For Rand, philosophy is not an esoteric subject but a daily force shaping individual lives
and human history. You must have some view of the kind of world you live in, of how best to
understand and deal with it, and of what to aim at in life. Your only choice is whether your
philosophical premises are acquired by your own independent thinking or absorbed
unquestioningly from those around you. Formally, Rand called her philosophy “Objectivism,”
but informally she called it “a philosophy for living on earth.”
Jose “Pepe” Mojica
José Mojica, in full José Alberto Mojica Cordano,
(born May 20, 1935, Montevideo, Uruguay), Uruguayan
politician who served as president of Uruguay (2010–15)
after being long imprisoned for his guerrilla activities with
the Tupamaro revolutionary organization. Mojica was born
to parents of modest means and grew up in a neighbourhood
on the outskirts of Montevideo. In the early 1960s Mojica
joined the Tupamaro, a revolutionary organization founded
by Raúl Sendic and others whose goal was to undermine
Uruguay’s repressive leadership. Within a few years the
Tupamaro turned to violent actions, including arson,
political kidnappings, and assassinations of several police
officers and some others. Mojica was arrested several times
for his activities and was convicted in 1971 of having killed
a police officer. He escaped from prison twice but was
recaptured both times and served some 14 years in all. As a
prisoner of the brutal military dictatorship that seized power
in a coup in June 1973, Mojica was tortured and spent long
periods of time in solitary confinement, including two years at the bottom of a well.

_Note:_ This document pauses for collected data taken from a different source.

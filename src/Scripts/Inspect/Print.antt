-- ===== src/Scripts/Inspect/Print.antt =====
-- What scripts/inspect_ink_v0f_production_state.py prints, and its `main`.
use qnty_authority_root.Prelude.{
  ℕ, ℤ, Bool, List, [], ◌∷◌, ◌++◌, Text, Bytes, codes, pos, length, none,
}
use qnty_authority_root.Errors.{Result, ok, err}
use qnty_authority_root.Json.Values.{Value, int, str, arr, obj, Items, nil, cons, end}
use qnty_authority_root.Json.Access.{entry}
use qnty_authority_root.Json.Print.{dumps}
use qnty_authority_root.Scripts.Files.{ProductionRoot}
use qnty_authority_root.Scripts.Inspect.{
  LedgerInfo, ActiveGrant, Inspection, Allowance, inspect_production_root,
}

-- The result as the program prints it.
unfoldable pub active_object : ActiveGrant → Value
active_object g = obj (
    entry "authority_epoch" (int (pos g.authority_epoch)) (
      entry "not_after_epoch_s" (int (pos g.not_after_epoch_s)) (
        entry "not_before_epoch_s" (int (pos g.not_before_epoch_s)) (
          entry "receipt_id" (str g.receipt_id) (
            entry "relative_path" (str g.relative_path)
              (entry "request_id" (str g.request_id) (entry "serial" (int (pos g.serial)) end)))))))

unfoldable pub ledger_object : LedgerInfo → Value
ledger_object l = obj (
    entry "authority_epoch" (int (pos l.authority_epoch)) (
      entry "root_id" (str l.root_id) (
        entry "issuance_count" (int (pos l.issuance_count)) (
          entry "minimum_authority_epoch" (int (pos l.minimum_authority_epoch)) (
            entry "public_key_fingerprint" (str l.public_key_fingerprint) (
              entry "relative_path" (str l.relative_path) (
                entry "repository_identity" (str l.repository_identity) (
                  entry "trust_config_digest" (str l.trust_config_digest)
                    (entry "trust_config_version" (int (pos l.trust_config_version)) end)))))))))

abbrev items_of {ℓ} : {A : Type ℓ} → (A → Value) → List A → Items
items_of f [] = nil
items_of f (x ∷ xs) = cons (f x) (items_of f xs)

unfoldable pub inspection_object : Inspection → Value
unfolding active_object ledger_object
inspection_object x = obj (
    entry "active_ink_grants" (arr (items_of active_object x.active_ink_grants)) (
      entry "compatible_ledgers" (arr (items_of ledger_object x.compatible_ledgers)) (
        entry "ledger_count" (int (pos (length x.ledgers))) (
          entry "ledgers" (arr (items_of ledger_object x.ledgers)) (
            entry "now_epoch_s" (int x.now_epoch_s) (
              entry "public_key_fingerprint" (str x.public_key_fingerprint) (
                entry "schema"
                  (str (codes "qnty.authority_root.ink_v0f.production_state_preflight.v0"))
                  (entry "trust_config_digest" (str x.trust_config_digest)
                    (entry "trust_config_version" x.trust_config_version end)))))))))

-- `main`, behind the arguments: the exit status and what is written on the standard output.
abbrev pub printed : Result Value → ℕ × Text
printed (ok v) = (0, dumps v ++ 10 ∷ [])
printed (err e) = (2, [])

abbrev pub object_of : Result Inspection → Result Value
object_of (ok x) = ok (inspection_object x)
object_of (err e) = err e

abbrev pub no_allowance : Allowance
no_allowance = record { request_id = none; authority_epoch = none; relative_path = none }

unfoldable pub inspect_main : (Bytes → Bytes → Bytes → Bool) → ProductionRoot → ℤ → ℕ × Text
inspect_main ed25519_verify root now =
    printed (object_of (inspect_production_root ed25519_verify root now no_allowance))
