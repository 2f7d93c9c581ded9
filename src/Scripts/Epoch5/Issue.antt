-- ===== src/Scripts/Epoch5/Issue.antt =====
-- `issue_once` and `main` of scripts/issue_ink_v0f_epoch5_production_grant.py.
use qnty_authority_root.Prelude.{ℕ, ℤ, List, [], ◌∷◌, Text, Bytes, codes}
use qnty_authority_root.Errors.{ok, runtime_error}
use qnty_authority_root.Json.Values.{Value}
use qnty_authority_root.Scripts.Files.{ProductionRoot, change_mode}
use qnty_authority_root.Scripts.Program.{Program, ◌>>=◌, ◌>>◌, pure, current}
use qnty_authority_root.Scripts.Inspect.Print.{printed}
use qnty_authority_root.Scripts.Export.{make_parents, atomic_write_new}
use qnty_authority_root.Scripts.Start.{sidecar}
use qnty_authority_root.Scripts.Lane.{World, Packages, issue_at}
use qnty_authority_root.Scripts.Epoch5.{epoch5_relative_db}
use qnty_authority_root.Scripts.Epoch5.Checks.{
  epoch5_receipt_name, epoch5_record_name, epoch5_receipt_path, epoch5_receipt_sidecar,
  epoch5_record_path, epoch5_record_sidecar, epoch5_parents, epoch5_arguments, epoch5_report,
  epoch5_record_bytes, check_epoch5_bundle, epoch5_start,
}

abbrev public_parents : List Text
public_parents = codes "public" ∷ []

abbrev chmod_epoch5 : Program (Unit {0})
chmod_epoch5 root =
    (ok tt, record root { nodes = change_mode 0o700 (codes "state/epoch-5") root.nodes })

module _ (packages : Packages) (world : World) where
  -- The four exports, in the order of the writes.
  unfoldable pub write_epoch5_exports : Bytes → Bytes → Program (Unit {0})
  write_epoch5_exports receipt_bytes record_json = do
    atomic_write_new runtime_error world.environment world.receipt_write (record {
      path = epoch5_receipt_path;
      parents = public_parents;
      contents = receipt_bytes;
      mode = 0o644;
    })
    atomic_write_new runtime_error world.environment world.receipt_digest_write (record {
      path = epoch5_receipt_sidecar;
      parents = public_parents;
      contents = sidecar receipt_bytes epoch5_receipt_name;
      mode = 0o644;
    })
    atomic_write_new runtime_error world.environment world.record_write (record {
      path = epoch5_record_path;
      parents = epoch5_parents;
      contents = record_json;
      mode = 0o600;
    })
    atomic_write_new runtime_error world.environment world.record_digest_write (record {
      path = epoch5_record_sidecar;
      parents = epoch5_parents;
      contents = sidecar record_json epoch5_record_name;
      mode = 0o600;
    })

  unfoldable pub issue_epoch5_once : ℤ → Program Value
  issue_epoch5_once issued_at_epoch_s = do
    root ← current
    p ← pure (epoch5_start packages world root issued_at_epoch_s)
    make_parents world.environment epoch5_parents
    chmod_epoch5
    bundle ←
        issue_at packages.ed25519_verify epoch5_relative_db world
          (epoch5_arguments p.signer p.issued_at)
    receipt ← pure (check_epoch5_bundle p.anchor p.issued_at p.committed_before bundle)
    write_epoch5_exports bundle.receipt_bytes (epoch5_record_bytes p.issued_at bundle receipt)
    pure (ok (epoch5_report p.issued_at bundle receipt))

  -- `main`, behind the arguments: the exit status, the output, and the root that is left.
  unfoldable pub epoch5_main : ℤ → ProductionRoot → (ℕ × Text) × ProductionRoot
  epoch5_main issued_at_epoch_s root =
      let (result, root') = issue_epoch5_once issued_at_epoch_s root in (printed result, root')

Mojica served one term in the Chamber of Representatives (1995–2000) and was then
elected to the Senate in 2000. In 2004 he was reelected to the Senate as a member of the
Progressive Encounter–Broad Front (Encuentro Progresista–Frente Amplio; EP-FA) coalition,
which captured majorities in both legislative houses and whose presidential candidate, socialist
Tabaré Vázquez, also won election. In the process, Mojica was sworn in as Senate leader in
February 2005. He also served as minister of agriculture (2005–08) in Vázquez’s cabinet. He has
been called "the world's 'poorest' president" because he donates around 90 percent of his $12,000
monthly salary to charities to help poor people and small entrepreneurs.

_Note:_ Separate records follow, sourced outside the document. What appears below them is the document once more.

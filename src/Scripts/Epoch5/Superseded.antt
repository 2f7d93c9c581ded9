-- ===== src/Scripts/Epoch5/Superseded.antt =====
-- The epoch-5 program of scripts/ after the canonical binding has moved on.
use qnty_authority_root.Prelude.{◌≡◌, refl, ℤ, []}
use qnty_authority_root.Errors.{Error, Result, ok, err, ◌>>=◌}
use qnty_authority_root.Binding.{ink_v0f_qntyspot_commit}
use qnty_authority_root.Prelude.{text_eq}
use qnty_authority_root.Scripts.Files.{ProductionRoot}
use qnty_authority_root.Scripts.Start.{positive_time, public_anchor}
use qnty_authority_root.Scripts.Lane.{World, Packages}
use qnty_authority_root.Scripts.Epoch5.{expected_qntyspot_commit, assert_epoch5_lane_not_superseded}
use qnty_authority_root.Scripts.Epoch5.Checks.{epoch5_start}
use qnty_authority_root.Scripts.Epoch5.Issue.{issue_epoch5_once, epoch5_main}

abbrev IsRefused {ℓ} : {A : Type ℓ} → Result A → Type ℓ
IsRefused r = (e : Error) × (r ≡ err e)

>>=-IsRefused {ℓ ℓ'} :
    {A : Type ℓ} {C : Type ℓ'} (m : Result A) (k : A → Result C)
    → ((a : A) → IsRefused (k a))
    → IsRefused (m >>= k)
>>=-IsRefused (err e) k h = (e, refl)
>>=-IsRefused (ok a) k h = h a

module _ (packages : Packages) (world : World) where
  epoch5_start-IsRefused :
      (root : ProductionRoot) (t : ℤ) → IsRefused (epoch5_start packages world root t)
  unfolding epoch5_start assert_epoch5_lane_not_superseded text_eq ink_v0f_qntyspot_commit
      expected_qntyspot_commit
  epoch5_start-IsRefused root t =
      >>=-IsRefused (positive_time t) _
        λ n. >>=-IsRefused _ _ λ _. >>=-IsRefused (public_anchor root) _ λ anchor. (_, refl)

  -- The epoch-5 program refuses at every time and in every production root, with exit status 2 and
  -- nothing on the standard output, and it leaves the root as it was.
  pub epoch5_main-refuses :
      (t : ℤ) (root : ProductionRoot) → epoch5_main packages world t root ≡ ((2, []), root)
  unfolding epoch5_main issue_epoch5_once
  epoch5_main-refuses t root = let (e, h) = epoch5_start-IsRefused root t in rw h refl
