pub example-facts :
    (succeeds example_run.0 ≡ true)
    × (succeeds example_grant.0 ≡ true)
    × (succeeds example_inspection ≡ true)
    × (example_history ≡ ok none)
    × (is_intact (find_ledger epoch6_relative_db example_run.1.ledgers) ≡ true)
    × (example_write ≡ (ok tt, example_write.1))
    × (is_refusing (from_bytes_within 1 (codes "[[]]")) ≡ true)
    × (is_refusing (strict_json_loads_within 1 (codes "[[]]")) ≡ true)
    × (succeeds example_rerun.0 ≡ true)
    × (succeeds example_grant_again.0 ≡ true)
unfolding ink_v0f_grant_preparation_schema ink_v0f_authority_root_id ink_v0f_repository_identity
    ink_v0f_qntyspot_commit ink_v0f_qntyspot_implementation_digest ink_v0f_taker_address
    ink_v0f_grant_preparation_digest same_text same_number ink_v0f_grant_preparation_v10
    preparation_object preparation_serialized preparation_digest
    assert_ink_v0f_exact_authority_binding strict_json_loads strict_json_loads_within
    from_bytes_within canonical_json_str canonical_json_bytes sha256_hex digest_object hex64_re
    commit_re address_re portable_re atomic_re max_uint256 portable digest commit label is_zero_hex
    address positive_int non_negative_int atomic canonical_atomic assert_exact_scope signature_re
    signature_field from_hex receipt_arguments check_identities receipt_from_document from_bytes
    verify_receipt_signature verify_receipt_bytes authority_level authority_policy_schema
    authority_policy_ref policy_object authority_policy_digest assert_valid_at policy_fields
    level_field policy_arguments authority_policy_from_object grant_schema grant_id_schema
    receipt_id_schema assert_exact_scopes authority_grant_receipt grant_id body_fields
    signed_body_object signed_body_bytes signed_body_digest receipt_id receipt_object serialized
    receipt_fields ed25519_signature_algorithm trust_config_schema trust_config_object root_object
    serialized_config trusted_authority_root digits_from decimal digits_value int_of_digits
    str_of_int overlaps build_receipt prepare_request check_prior check_priors sign_receipt
    issue_new issue_existing issue_block issue get_committed list_committed find_row
    insert_by_serial order_by_serial max_serial conflicts insert_row request_record_schema
    request_record request_record_bytes request_record_fields policy_eq request_eq differs_from
    differs_from_request record_document check_record row_differs stored_repository stored_issued_at
    stored_request historical_verdict historical check_stored validate_committed_receipt lookup item
    keys_within has_all has_exactly is_text value_eq same same_items same_fields hex_digit
    unicode_escape escape escape_all print_string text_lt insert_field print_int print_bool dumps
    is_space skip_space after after_prefix separator has_key has_duplicates reject_duplicate_keys
    start scan_scalar items_tail field_tail field_value array_inside object_inside string_value
    whole loads loads_within entering scan_value span_digits starts_digit starts_exponent
    starts_float signed number_end unsigned_number scan_number hex_value four_digits
    is_high_surrogate is_low_surrogate join_surrogates unicode_step escape_step string_step
    string_loop scan_string canonical_repository_identity legacy_robinhood_testnet_network_id
    forbidden_mainnet_network_id issuance_policy_schema check_ink_profile is_one_supported_network
    authority_issuance_policy insert_sorted sorted text_items issuance_policy_object
    issuance_policy_digest repository_part_re request_id_re extend split_slash is_owner_and_name
    validate_repository_identity exact_scope exact_scopes non_empty_scopes same_texts
    validate_request_id issued_at authority_issuance_request issuance_request_schema request_object
    request_digest assert_issuance_request_admissible snapshot_issuance_policy
    snapshot_issuance_request is_white_space lstrip keep rstrip strip fold_character casefold
    reserved_exact_scope_tokens is_reserved_scope nullable join either derivative fullmatch
    ink_v0f_risk_schema qntyspot_repository_identity ink_v0f_network_id ink_v0f_venue_id
    ink_v0f_pool_address ink_v0f_base_instrument_id ink_v0f_quote_instrument_id
    ink_v0f_dust_risk_policy frozen_text frozen_number frozen_fraction bps check_expected
    check_ranges ink_v0f_dust_risk fraction_object risk_object risk_serialized risk_policy_digest
    ink_v0f_dust_risk_policy_digest assert_ink_v0f_authority_policy_admissible state_bytes
    final_state sha256 hex step decode_from decode encode text_eq text_mem positive_epoch
    build_trusted_root issuer_attributes metadata_columns issuance_columns expected_metadata
    same_metadata assert_table_shape admit_metadata initialize_block initialize_database
    authority_issuer trust_config_bytes trust_config_digest ink_network_id expected_trust
    object_fields check_public_files get_or_null row_mismatch ledger_info is_compatible compatible
    is_exact_recovery inspect_rows inspect_database inspect_ledger inspect_ledgers
    inspect_production_root set_node make_directories change_mode find_ledger set_ledger
    is_state_ledger insert_by_path state_ledgers expected_public_key_fingerprint
    expected_trust_config_digest expected_root_id expected_repository file_signer load_private_key
    ink_v0f_issuance_bundle_schema epoch positive ink_v0f_issuer_policy checked_times
    reviewed_request build_ink_v0f_request request_id_text ink_v0f_request_id
    ink_v0f_issuance_bundle prepare_grant bundle_of issue_ink_v0f_grant make_parents same_export
    write_new atomic_write_new positive_time public_anchor lane_signer reaches_database issue_at
    expected_taker expected_network expected_venue epoch6_relative_db historical_commit
    historical_implementation assert_frame scope_kind assert_scope metadata_mismatch check_exact
    history_row history_rows inspect_history_database inspect_history_file inspect_epoch6_history
    check_recovery check_bundle record_fields record_bytes report preflight write_exports
    export_bundle publish issue_and_publish issue_once qnty_authority_root.Policy.Checks.positive
example-facts = (refl, refl, refl, refl, refl, refl, refl, refl, refl, refl)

He bases the res publica, as well as his private life, on the pursuit of happiness which,
in his way, is synonymous of sobriety. “the sense of happiness corresponds to the sense of
measure”. He believed that we do not come into this planet simply to develop, just like that,
indiscriminately. We come into this planet to be happy. Because life is short, and it slips away
from us. And no material belonging is worth as much as life, and this is fundamental.